The Abbe's monologue continued until two o'clock. The rest of France might be finishing its lunch and getting back to work, but the members of Fatima seemed oblivious. I was becoming weak with hunger. Abbe Boyer turned to politics. 'The state has become a Pharisee in matters of alcohol. It condones drugs and deviant sexuality, but wants to outlaw alcohol and tobacco,' he said, puffing away as if there were no tomorrow. But then, according to Notre Dame de Fatima, there might well be no tomorrow.
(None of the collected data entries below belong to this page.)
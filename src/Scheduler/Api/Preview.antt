-- ===== src/Scheduler/Api/Preview.antt =====
-- The preview of a schedule rule (app/api/scheduler.py, api_schedule_preview).
pub mod Agrees
use open_asicmanager.Prelude.{
  ℕ, zero, suc, Bool, true, false, not, ◌&&◌, Option, none, some, List, length, if◌then◌else◌,
  is_some, select, Result, ok, raised, raise_if, ◌>>=◌, ◌>>◌,
}
use open_asicmanager.Fleet.{Miner, Action}
use open_asicmanager.Groups.{Group, is_member, member_count}
use open_asicmanager.Values.{
  Json, null, boolean, integer, float, text, array, object, get, int, Fields,
}
use open_asicmanager.Values.Integers.{ℤ, pos, in_range}
use open_asicmanager.Scheduler.{Rule, RuleScope, farm, group, Local, schedule_rule_next_run}
use open_asicmanager.Scheduler.Iteration.{list_schedulable_miners}
use open_asicmanager.Scheduler.Input.{ScheduleInput, schedule_normalize_input, is_blank}
use open_asicmanager.Scheduler.Table.{new_rule, schedule_conflicting_rule, get_schedule_rule}
use open_asicmanager.Scheduler.Api.{
  ApiError, attribute_error, type_error, invalid_rule_id, ApiState, parsed, or_bad_input, existing,
  validated_schedule_group,
}

-- `input` holds the columns of the answer that repeat the request; the group is the one that is named.
pub record Preview : Type 0 where
  pub allowed : Bool
  pub input : ScheduleInput
  pub target : Option Group
  pub affected_miner_count : ℕ
  pub group_member_count : Option ℕ
  pub next_run : Option Local
  pub conflict : Option Rule

-- data.get("rule_id"); a value that is no object has no `get`.
raw_rule_id : Json → Result ApiError (Option Json)
raw_rule_id (object _ body) = ok (get "rule_id" body)
raw_rule_id _ = raised attribute_error

abbrev pub given : Option Json → Option Json
given none = none
given (some v) = if is_blank v then none else some v

positive : Option ℤ → Result ApiError ℕ
positive (some (pos (suc n))) = ok (suc n)
positive _ = raised invalid_rule_id

-- The rule that is to be changed, if one is named.
named_rule : Option Json → List Rule → Result ApiError (Option (ℕ × Rule))
unfolding positive get_schedule_rule
named_rule none rules = ok none
named_rule (some v) rules = do
  rule_id ← positive (int v)
  r ← existing (get_schedule_rule rule_id rules)
  ok (some (rule_id, r))

abbrev id_of : Option (ℕ × Rule) → Option ℕ
id_of none = none
id_of (some (rule_id, r)) = some rule_id

abbrev rule_of : Option (ℕ × Rule) → Option Rule
rule_of none = none
rule_of (some (rule_id, r)) = some r

abbrev in_group : Option ℕ → Miner → Bool
in_group none m = false
in_group (some group_id) m = is_member group_id m

schedule_preview_targets : ScheduleInput → List Miner → List Miner
unfolding list_schedulable_miners
schedule_preview_targets n miners =
    let all = list_schedulable_miners miners in
    elim n.scope [ farm ↦ all | group ↦ select (in_group n.group_id) all ]

abbrev members_of : Option Group → List Miner → Option ℕ
members_of none miners = none
members_of (some g) miners = some (member_count g.id miners)

preview_of : ScheduleInput → Option Group → Option Rule → Local → ApiState → Preview
unfolding schedule_preview_targets
preview_of n g conflict now s = record {
  allowed = not (is_some conflict);
  input = n;
  target = g;
  affected_miner_count = length (schedule_preview_targets n s.miners);
  group_member_count = members_of g s.miners;
  next_run = schedule_rule_next_run (new_rule 0 n 0) now;
  conflict = conflict;
}

-- POST /api/schedule/preview
unfoldable pub api_schedule_preview : Option Json → Local → ApiState → Result ApiError Preview
unfolding raw_rule_id named_rule preview_of
api_schedule_preview json now s = do
  body ← parsed json
  raw ← raw_rule_id body
  current ← named_rule (given raw) s.table.rules
  n ← or_bad_input (schedule_normalize_input body (rule_of current))
  g ← validated_schedule_group n s.groups
  let conflict = schedule_conflicting_rule n (id_of current) s.table.rules
  ok (preview_of n g conflict now s)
The gist of Our Lady's message is that all hell will break loose in the second half of the century to punish mankind for its wicked behaviour. There will be survivors, though, who will serve a new God in a Utopian, uncorrupted world. Pastis and armagnac apart, Fatima offers, according to its literature, 'the chance to get through this terrible ordeal with the maximum opportunity of getting to the Promised Land. Buy Michelin map number 78 and take RN10 before civil war blocks your escape route.'
We repaired to the dining-room, which was dominated by a large round table. At this table, made to their own design, community members eat, drink, discuss and take the decisions that regulate the daily affairs of both the community and the business. 'We all taste together,' said Abbe Boyer. And there is plenty to taste.
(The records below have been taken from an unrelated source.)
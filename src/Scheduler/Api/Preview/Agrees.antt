-- ===== src/Scheduler/Api/Preview/Agrees.antt =====
-- What the preview tells of a request that names no rule, against what the create handler answers to
-- it (app/api/scheduler.py).
use open_asicmanager.Prelude.{
  ℕ, ap, ◌<◌, ◌==◌, ==_refl, first-append_none, first_none_of_All, All-map, ◌≡◌, refl, ◌∙◌, true,
  false, Option, none, some, Result, ok, raised, ◌>>=◌, ◌>>◌, arith, String, [], ◌∷◌, first_row,
}
use open_asicmanager.Groups.{Group}
use open_asicmanager.Values.{object, Fields, get}
use open_asicmanager.Scheduler.{Rule, Local}
use open_asicmanager.Scheduler.Input.{ScheduleInput}
use open_asicmanager.Scheduler.Table.{
  RuleTable, is_rule, new_rule, schedule_conflicting_rule, get_schedule_rule, create_schedule_rule,
}
use open_asicmanager.Scheduler.Api.{
  ApiError, conflict_with, ApiState, no_conflict, validated_schedule_group, create_checks,
  after_create, api_schedule_rule_create,
}
use open_asicmanager.Scheduler.Table.Apart.{IsSound}
use open_asicmanager.Scheduler.Input.Times.{as_input}
use open_asicmanager.Scheduler.Api.Preview.{Preview, given, preview_of, api_schedule_preview}

-- What the preview says of the reply of a handler: the error it raises, the conflict it answers with,
-- or a rule that reads as the request.
abbrev pub Foretells : Result ApiError Preview → Result ApiError Rule → Type 0
Foretells (raised e) reply = reply ≡ raised e
Foretells (ok p) reply = elim p.conflict [
  | none ↦ (p.allowed ≡ true) × (x : Rule) × (reply ≡ ok x) × (as_input x ≡ p.input)
  | some c ↦ (p.allowed ≡ false) × (reply ≡ raised (conflict_with c))
]

found_rule :
    (n : ScheduleInput) (now : ℕ) (t : RuleTable)
    → IsSound t
    → create_schedule_rule n now t
      ≡ (some (new_rule t.next_rule n now), (create_schedule_rule n now t).1)
unfolding create_schedule_rule get_schedule_rule
found_rule n now t w =
    ap (λ o. (o, (create_schedule_rule n now t).1))
      (first-append_none (is_rule t.next_rule) t.rules (new_rule t.next_rule n now ∷ []) missing
        ∙ first_alone (==_refl t.next_rule))
  where
    missing : first_row (is_rule t.next_rule) t.rules ≡ none
    missing = first_none_of_All (is_rule t.next_rule) t.rules (
        All-map (λ r. r.id < t.next_rule) (λ r. is_rule t.next_rule r ≡ false) t.rules
          (λ r lt. ground arith) w.fresh_id)

    first_alone :
        (t.next_rule == t.next_rule) ≡ true
        → first_row (is_rule t.next_rule) (new_rule t.next_rule n now ∷ [])
          ≡ some (new_rule t.next_rule n now)
    first_alone e = unfold first_row in rw e refl

-- From the conflict on.
ends_alike :
    (n : ScheduleInput) (g : Option Group) (o : Option Rule) (now : Local) (epoch : ℕ)
    (s : ApiState)
    → IsSound s.table
    → Foretells (ok (preview_of n g o now s)) (after_create epoch (no_conflict o >> ok (n, g)) s).0
unfolding preview_of after_create
ends_alike n g none now epoch s w =
    rw (found_rule n epoch s.table w) (refl, new_rule s.table.next_rule n epoch, refl, refl)
ends_alike n g (some c) now epoch s w = (refl, refl)

module _ (now : Local) (epoch : ℕ) (s : ApiState) (w : IsSound s.table) where
  group_alike :
      (n : ScheduleInput) (r : Result ApiError (Option Group))
      → Foretells
          (r >>= λ g. ok (preview_of n g (schedule_conflicting_rule n none s.table.rules) now s))
          (after_create epoch
            (r >>= λ g. no_conflict (schedule_conflicting_rule n none s.table.rules) >> ok (n, g))
            s).0
  unfolding after_create
  group_alike n (raised e) = refl
  group_alike n (ok g) = ends_alike n g _ now epoch s w

  input_alike :
      (r : Result ApiError ScheduleInput)
      → Foretells
          (r >>= λ n. validated_schedule_group n s.groups >>= λ g.
            ok (preview_of n g (schedule_conflicting_rule n none s.table.rules) now s))
          (after_create epoch
            (r >>= λ n. validated_schedule_group n s.groups >>= λ g.
              no_conflict (schedule_conflicting_rule n none s.table.rules) >> ok (n, g))
            s).0
  unfolding after_create
  input_alike (raised e) = refl
  input_alike (ok n) = group_alike n _

-- On a sound table, the preview of a body that names no rule tells what creating a rule from that body
-- does: it raises the same error, or it is allowed and a rule is made that reads as the preview says,
-- or it shows the rule with which creating is refused.
pub api_schedule_preview-Foretells :
    (printed : String) (body : Fields) (now : Local) (epoch : ℕ) (s : ApiState)
    → IsSound s.table
    → given (get "rule_id" body) ≡ none
    → Foretells
        (api_schedule_preview (some (object printed body)) now s)
        (api_schedule_rule_create (some (object printed body)) epoch s).0
unfolding api_schedule_preview api_schedule_rule_create create_checks
api_schedule_preview-Foretells printed body now epoch s w h = rw h (input_alike now epoch s w _)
Chateauneuf-du-Pape was the chosen wine for the first course, hare pate, followed by tender roast beef accompanied by Chateau Lanessan 1981, a nicely mature middle-ranking medoc. The Abbe explained that in order to defray the costs of printing the voluminous literature required to spread the word of Fatima, Auxil purveyed spirits - malt whisky, cognac, calvados, vodka, gin, bourbon - and a fine range of vintage armagnacs. Wines, too. 'At first the big merchants didn't take kindly to our arrival on the market. In 1980 we invented a method of distribution that has met with considerable success. We have about 40 reps who visit restaurants and homes around the country with briefcases full of tasting samples.'
The conversation moved to malt whisky. 'We introduced Lagavulin to France. Now we are the exclusive distributors of Bowmore. The French also like Auchentoshan because it's easy to say in French.' After cheeses and an apple tart washed down by a fine 1988 sauternes, a selection of cigarette packets did the rounds and the armagnac appeared.
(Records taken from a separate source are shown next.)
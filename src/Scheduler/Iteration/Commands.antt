-- ===== src/Scheduler/Iteration/Commands.antt =====
-- What a pass of the scheduler (app/scheduler/service.py) asks of the control queue.
use open_asicmanager.Prelude.{
  ℕ, ◌+◌, ◌≤◌, ◌≡◌, ◌≢◌, refl, sym, subst, Bool, true, false, Option, none, some, List, [], ◌∷◌,
  arith, Bool-cases, inl, inr, if◌then◌else◌, get_or, ok, In, In-select, All, All-append,
}
use open_asicmanager.Fleet.{Miner, MinerState, unknown, Action}
use open_asicmanager.Control.Policy.{control_target}
use open_asicmanager.Control.Jobs.Invariant.{WellFormed}
use open_asicmanager.Control.Queue.{QueueRuntime}
use open_asicmanager.Control.Queue.OneActive.{queue_control-WellFormed}
use open_asicmanager.Scheduler.{Local, Winner}
use open_asicmanager.Scheduler.Iteration.{
  SchedulerState, Pass, details_of, schedulable, list_schedulable_miners, schedule_mark_rule_seen,
  may_act, action_for, scheduler_action, request, visit, visit_all, pass_over, scheduler_iteration,
}

marked-control :
    (w : Option Winner) (s : SchedulerState) → (schedule_mark_rule_seen w s).control ≡ s.control
unfolding schedule_mark_rule_seen
marked-control none s = refl
marked-control (some w) s = refl

marked-calls :
    (w : Option Winner) (s : SchedulerState) → (schedule_mark_rule_seen w s).calls ≡ s.calls
unfolding schedule_mark_rule_seen
marked-calls none s = refl
marked-calls (some w) s = refl

request-WellFormed :
    (p : Pass) (i : ℕ) (a : Option Action) (s : SchedulerState)
    → WellFormed s.control
    → WellFormed (request p i a s).control
unfolding request
request-WellFormed p i none s w = w
request-WellFormed p i (some a) s w =
    queue_control-WellFormed p.queue p.now_epoch i a false s.control w

visit_all-WellFormed :
    (p : Pass) (ms : List Miner) (s : SchedulerState)
    → WellFormed s.control
    → WellFormed (visit_all p ms s).control
unfolding visit_all visit
visit_all-WellFormed p [] s w = w
visit_all-WellFormed p (m ∷ ms) s w = visit_all-WellFormed p ms _ (
    request-WellFormed p m.id _ _
      (subst WellFormed (sym (marked-control (details_of p m).rule s)) w))

-- A call that the rules justify: it is for a miner that the scheduler manages, by the command whose
-- control target is the state that the rules want; the miner is not in that state, no manual override
-- is in force, it was seen in the last minute, and nothing was sent to it for thirty seconds.
abbrev pub Justified : Pass → List Miner → ℕ × Action → Type 0
Justified p miners (miner_id, action) =
    (m : Miner) × ((target : MinerState) × (In m miners
        × ((schedulable m ≡ true)
            × ((m.id ≡ miner_id)
                × (((details_of p m).desired_state ≡ some target)
                    × ((control_target action ≡ ok target)
                        × ((get_or m.last_state unknown ≢ target)
                            × ((get_or m.manual_override_until 0 ≤ p.now_epoch)
                                × ((p.now_epoch ≤ get_or m.last_seen 0 + 60)
                                    × (get_or m.last_action_at 0 + 30 ≤ p.now_epoch))))))))))

action_for-target :
    (target state : MinerState) {a : Action}
    → action_for target state ≡ some a
    → (control_target a ≡ ok target) × (state ≢ target)
unfolding action_for control_target
action_for-target target state h = ground arith

nothing : {a : Action} → none ≡ some a → ⊥
nothing h = cc

action-Justified :
    (p : Pass) (miners : List Miner) (m : Miner) (wanted : Option MinerState) {a : Action}
    → In m miners
    → schedulable m ≡ true
    → (details_of p m).desired_state ≡ wanted
    → scheduler_action p.now_epoch wanted m ≡ some a
    → Justified p miners (m.id, a)
unfolding scheduler_action
action-Justified p miners m none i t e h = cc
action-Justified p miners m (some target) {a} i t e h = elim (Bool-cases (may_act p.now_epoch m)) [
  | inl k ↦
      let (aim, away) = action_for-target target (get_or m.last_state unknown) {a = a} (
        subst (λ b. (if b then action_for target (get_or m.last_state unknown) else none) ≡ some a)
          k h) in
      (
        m,
        (
          target,
          (i, (t, (refl, (e, (aim, (away, (ground arith, (ground arith, ground arith)))))))),
        ),
      )
  | inr k ↦ absurd (
      nothing (
        subst (λ b. (if b then action_for target (get_or m.last_state unknown) else none) ≡ some a)
          k h))
]

request-Justified :
    (p : Pass) (miners : List Miner) (m : Miner) (s : SchedulerState) (a : Option Action)
    → In m miners
    → schedulable m ≡ true
    → scheduler_action p.now_epoch (details_of p m).desired_state m ≡ a
    → All (Justified p miners) s.calls
    → All (Justified p miners) (request p m.id a s).calls
unfolding request
request-Justified p miners m s none i t e h = h
request-Justified p miners m s (some a) i t e h =
    All-append (Justified p miners) s.calls ((m.id, a) ∷ []) h
      (action-Justified p miners m _ i t refl e, tt)

visit_all-Justified :
    (p : Pass) (miners ms : List Miner) (s : SchedulerState)
    → ((m : Miner) → In m ms → In m miners × (schedulable m ≡ true))
    → All (Justified p miners) s.calls
    → All (Justified p miners) (visit_all p ms s).calls
unfolding visit_all visit
visit_all-Justified p miners [] s k h = h
visit_all-Justified p miners (m ∷ ms) s k h =
    let (i, t) = k m (inl refl) in
    visit_all-Justified p miners ms _ (λ x j. k x (inr j))
      (request-Justified p miners m _ _ i t refl
        (subst (All (Justified p miners)) (sym (marked-calls (details_of p m).rule s)) h))

-- A pass of the scheduler, from no calls, asks the control queue only for justified commands: each
-- call is for a miner under the scheduler (enabled, scheduled, of a supported firmware), with the
-- command whose target is the state that the rules want of it now; the miner's last known state is
-- another, its manual override is over, it was seen in the last minute, and nothing was sent to it
-- for thirty seconds. When the scheduler is switched off a pass changes nothing.
pub scheduler_iteration-Justified :
    (timestamp : Local → ℕ) (now : Local) (queue : QueueRuntime) (s : SchedulerState)
    → s.calls ≡ []
    → All
        (Justified (pass_over timestamp now (timestamp now) queue s.rules) s.control.miners)
        (scheduler_iteration true timestamp now queue s).calls
      × (scheduler_iteration false timestamp now queue s ≡ s)
unfolding scheduler_iteration list_schedulable_miners
scheduler_iteration-Justified timestamp now queue s e =
    let p = pass_over timestamp now (timestamp now) queue s.rules in
    (
      visit_all-Justified p s.control.miners _ s (λ m i. In-select schedulable s.control.miners i)
          (subst (All (Justified p s.control.miners)) (sym e) tt),
      refl,
    )

-- A pass keeps the invariant of the control jobs: at most one unfinished job for each miner.
pub scheduler_iteration-WellFormed :
    (scheduler_enabled : Bool) (timestamp : Local → ℕ) (now : Local) (queue : QueueRuntime)
    (s : SchedulerState)
    → WellFormed s.control
    → WellFormed (scheduler_iteration scheduler_enabled timestamp now queue s).control
unfolding scheduler_iteration
scheduler_iteration-WellFormed true timestamp now queue s w =
    visit_all-WellFormed (pass_over timestamp now (timestamp now) queue s.rules)
      (list_schedulable_miners s.control.miners) s w
scheduler_iteration-WellFormed false timestamp now queue s w = w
I was treated to the commercial four- to five-year-old blend, Armagnac de l'Hermitage, the VSOP, Reserve des Moines, and an XO, a blend of 10- to 15-year-old armagnac reduced to 45 per cent alcohol. These were followed by four single-estate vintage armagnacs, from a smooth 1977 to a powerful coffee/caramel-and-prune 1946. All the vintage armagnacs are at natural strength, which varies from 42 per cent to 51.5 per cent in the case of the 1946. I left with a sampling box of miniatures under one arm and many pamphlets and leaflets with titles such as Lettre de l'Au- Dela (Letter from Beyond) and Genesis] Apocalypse? Soon I had reached the sanctuary of the RN10.
Auxil products are imported by Richard Kihl Ltd, 164 Regent's Park Road, London NW1 (071-586 3838).